Taking advantage of automation on those pieces of equipment takes more planning – usually beginning with sampling soil throughout a field. The field is divided into sections, and GPS guides where to take a sample in the middle of each section of the field. The soil samples are then tested, and results show variations in nutrient levels, soil pH and other elements of the soil. (Soil samples from research stations are sent to the Agronomics Division’s soil lab.) Computer software can then create a “prescription map” for the field that shows soil data for each section and where certain things such as fertilizer are needed most.

In this image, a field is divided into sections for soil sampling.

That software is linked to the GPS-guided tractors and automated equipment, so the prescription map can be uploaded to an automated fertilizer spreader. Then, as it goes through the field, it puts out fertilizer where it’s needed. The automated features of the tractor and the automated features of the spreader work together to adjust the rate of output, so just the right amount of fertilizer is put out in just the right areas. It’s called a variable rate application.

Again, the goal is to make the field as uniformed as possible so it’s a good base for research. So each section of the field gets a custom amount of fertilizer or lime, for example, in an effort to create that soil uniformity across the entire field.

Similar automation can be used when spraying a field with a liquid fertilizer, defoliant, or pesticide. Each section may need a different amount of treatment, and the automated equipment can make those adjustments based on the prescription map.

Ivy Lanier at the Cherry Research Farm says there’s even a “smart” planter at the station in Goldsboro that can detect certain elements of the soil and also use a prescription map. It can determine the amount of down force needed to keep the planter in the ground, and it can adjust to plant seeds at a consistent depth. It can also detect soil temperature, moisture, soil compaction and how much pressure to apply to close the seed furrows. Using a prescription map, the planter can also adjust how much fertilizer or insecticide to put in the seed furrows based on what’s needed in different areas of a field. It can even plant two different types of seeds based on the prescription for parts of the field.

Again, the goal is consistency and improved yields. The automation help makes even minor adjustments that could make a difference in squeezing out every bit of yield possible in each field.

“For every day that one plant comes up after another plant on the same row, there’s a yield lag because they’re going to be picked on the same day, and one of them may not be at optimal yield because they came up at different times.”

Lanier said Dr. Gary Roberson, a professor and researcher at N.C. State, has for several years been testing prescription maps and variable rate applications of nitrogen on cotton. Lanier believes the ultimate goal is to use automated equipment to detect what plants need in a field and adjust the spraying or spreading in real time instead of using prescription maps. That type of automation would shorten the current process of testing spots in a field, then putting that data into a map and then using that map to control the rate of application on the field.

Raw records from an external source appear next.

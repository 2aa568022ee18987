-- ===== src/Hash/Target.antt =====
-- The bounds of the next target, and the work of a target.
use Prim.Native.Nat.{min}
use native.Mathlib.Nat.{le-div_iff_mul-le}
use basiccoin.Base.{◌+◌, ◌*◌, ◌/◌, ◌^◌, ◌<◌, ◌≡◌, ◌≢◌, false, arith, inl, inr, Bool-cases}
use basiccoin.Base.Eq.{beq_ne}
use basiccoin.Base.Result.{ok, ◌>>=◌}
use basiccoin.Hash.{
  HashT, IsHash, lt, big_int, new_hash_from_big_int, max_next_target, min_next_target,
  target_to_work, work_append_target, zero_hash, hash_eq, big_int2_256,
}
use basiccoin.Hash.Value.{
  big_int-new_hash_from_big_int, big_int-lt, new_hash_from_big_int-IsHash, lt→big_int-lt,
  lt-false→big_int-le, big_int-pos,
}

quadruple :
    (m h t : HashT)
    → lt m h ≡ false
    → new_hash_from_big_int (big_int h * 4) ≡ ok t
    → IsHash t
    → IsHash m
    → big_int t ≡ big_int h * 4
    → (u : HashT) × (max_next_target m h ≡ ok u)
      × IsHash u
      × (big_int u ≡ min (big_int m) (4 * big_int h))
unfolding max_next_target
quadruple m h t fits made vt vm value = elim (Bool-cases (lt m t)) [
  | inl above ↦ (m, rw (fits, made, above), vm, omega (arith, lt→big_int-lt m t vm vt above))
  | inr under ↦ (t, rw (fits, made, under), vt, omega (arith, lt-false→big_int-le m t vm vt under))
]

-- The easiest next target is four times the last one, cut off at the easiest target of all; it
-- exists whenever that limit is below 2^254.
pub max_next_target_lem :
    (m h : HashT)
    → IsHash m
    → IsHash h
    → big_int m < 2 ^ 254
    → (u : HashT) × (max_next_target m h ≡ ok u)
      × IsHash u
      × (big_int u ≡ min (big_int m) (4 * big_int h))
unfolding max_next_target
max_next_target_lem m h vm vh small = elim (Bool-cases (lt m h)) [
  | inl above ↦ (m, rw above, vm, omega (arith, lt→big_int-lt m h vm vh above))
  | inr fits ↦
      let (t, made, vt, value) =
        big_int-new_hash_from_big_int (big_int h * 4)
          (omega (arith, lt-false→big_int-le m h vm vh fits)) in
      quadruple m h t fits made vt vm value
]

-- The hardest next target is a quarter of the last one.
pub min_next_target_lem :
    (h : HashT)
    → IsHash h
    → (u : HashT) × (min_next_target h ≡ ok u) × IsHash u × (big_int u ≡ big_int h / 4)
unfolding min_next_target
min_next_target_lem h v =
    big_int-new_hash_from_big_int (big_int h / 4) (omega (arith, big_int-lt h v))

-- Every target but zero stands for at least one unit of work.
pub target_to_work_lem :
    (h : HashT)
    → IsHash h
    → h ≢ zero_hash
    → (target_to_work h ≡ ok (big_int2_256 / big_int h)) × (0 < big_int2_256 / big_int h)
unfolding target_to_work
target_to_work_lem h v ne = (
  rw (beq_ne h zero_hash ne),
  (le-div_iff_mul-le (big_int-pos h v ne)).1 (omega (arith, big_int-lt h v)),
)

-- `WorkAppendTarget` of a total and a target of 32 bytes, the target not zero, returns the total
-- plus (2^256 - 1) / target, when the sum is below 2^256.
pub work_append_target_lem :
    (h t : HashT)
    → IsHash h
    → IsHash t
    → t ≢ zero_hash
    → big_int h + big_int2_256 / big_int t < 2 ^ 256
    → (u : HashT) × (work_append_target h t ≡ ok u)
      × IsHash u
      × (big_int u ≡ big_int h + big_int2_256 / big_int t)
unfolding work_append_target
work_append_target_lem h t vh vt ne fits =
    rw ((target_to_work_lem t vt ne).0, ◌>>=◌)
      (big_int-new_hash_from_big_int (big_int h + big_int2_256 / big_int t) fits)

-- The total of a target's work that is added.
pub work_append_target-eq-ok :
    (h t u : HashT)
    → IsHash t
    → t ≢ zero_hash
    → work_append_target h t ≡ ok u
    → IsHash u × (big_int u ≡ big_int h + big_int2_256 / big_int t)
unfolding work_append_target
work_append_target-eq-ok h t u vt ne e =
    let e₁ = rw ((target_to_work_lem t vt ne).0, ◌>>=◌) at e in
    new_hash_from_big_int-IsHash (big_int h + big_int2_256 / big_int t) u e₁

-- A total that grew by a target's work is larger.
pub work_append_target-lt :
    (h t u : HashT)
    → IsHash t
    → t ≢ zero_hash
    → work_append_target h t ≡ ok u
    → IsHash u × (big_int h < big_int u)
work_append_target-lt h t u vt ne e =
    let (v, value) = work_append_target-eq-ok h t u vt ne e in
    (v, omega (arith, value, (target_to_work_lem t vt ne).1))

Combining GPS-guided tractors with automated spreaders or sprayers can also cut down on costs. Variable rate sprayers eliminate excessive spraying, and they also automatically cut off when the GPS indicates the end of the row is reached. Some research has shown that automatic cutoff could save farmers about 15 percent on their chemical costs. More research could increase that savings even more and help farmers with a major bill.

“There’s promise because there is tremendous potential in how automation can help,” Lanier said. “We want to see how we can make things better for farmers who don’t have the time or resources to figure out the best options like we do.”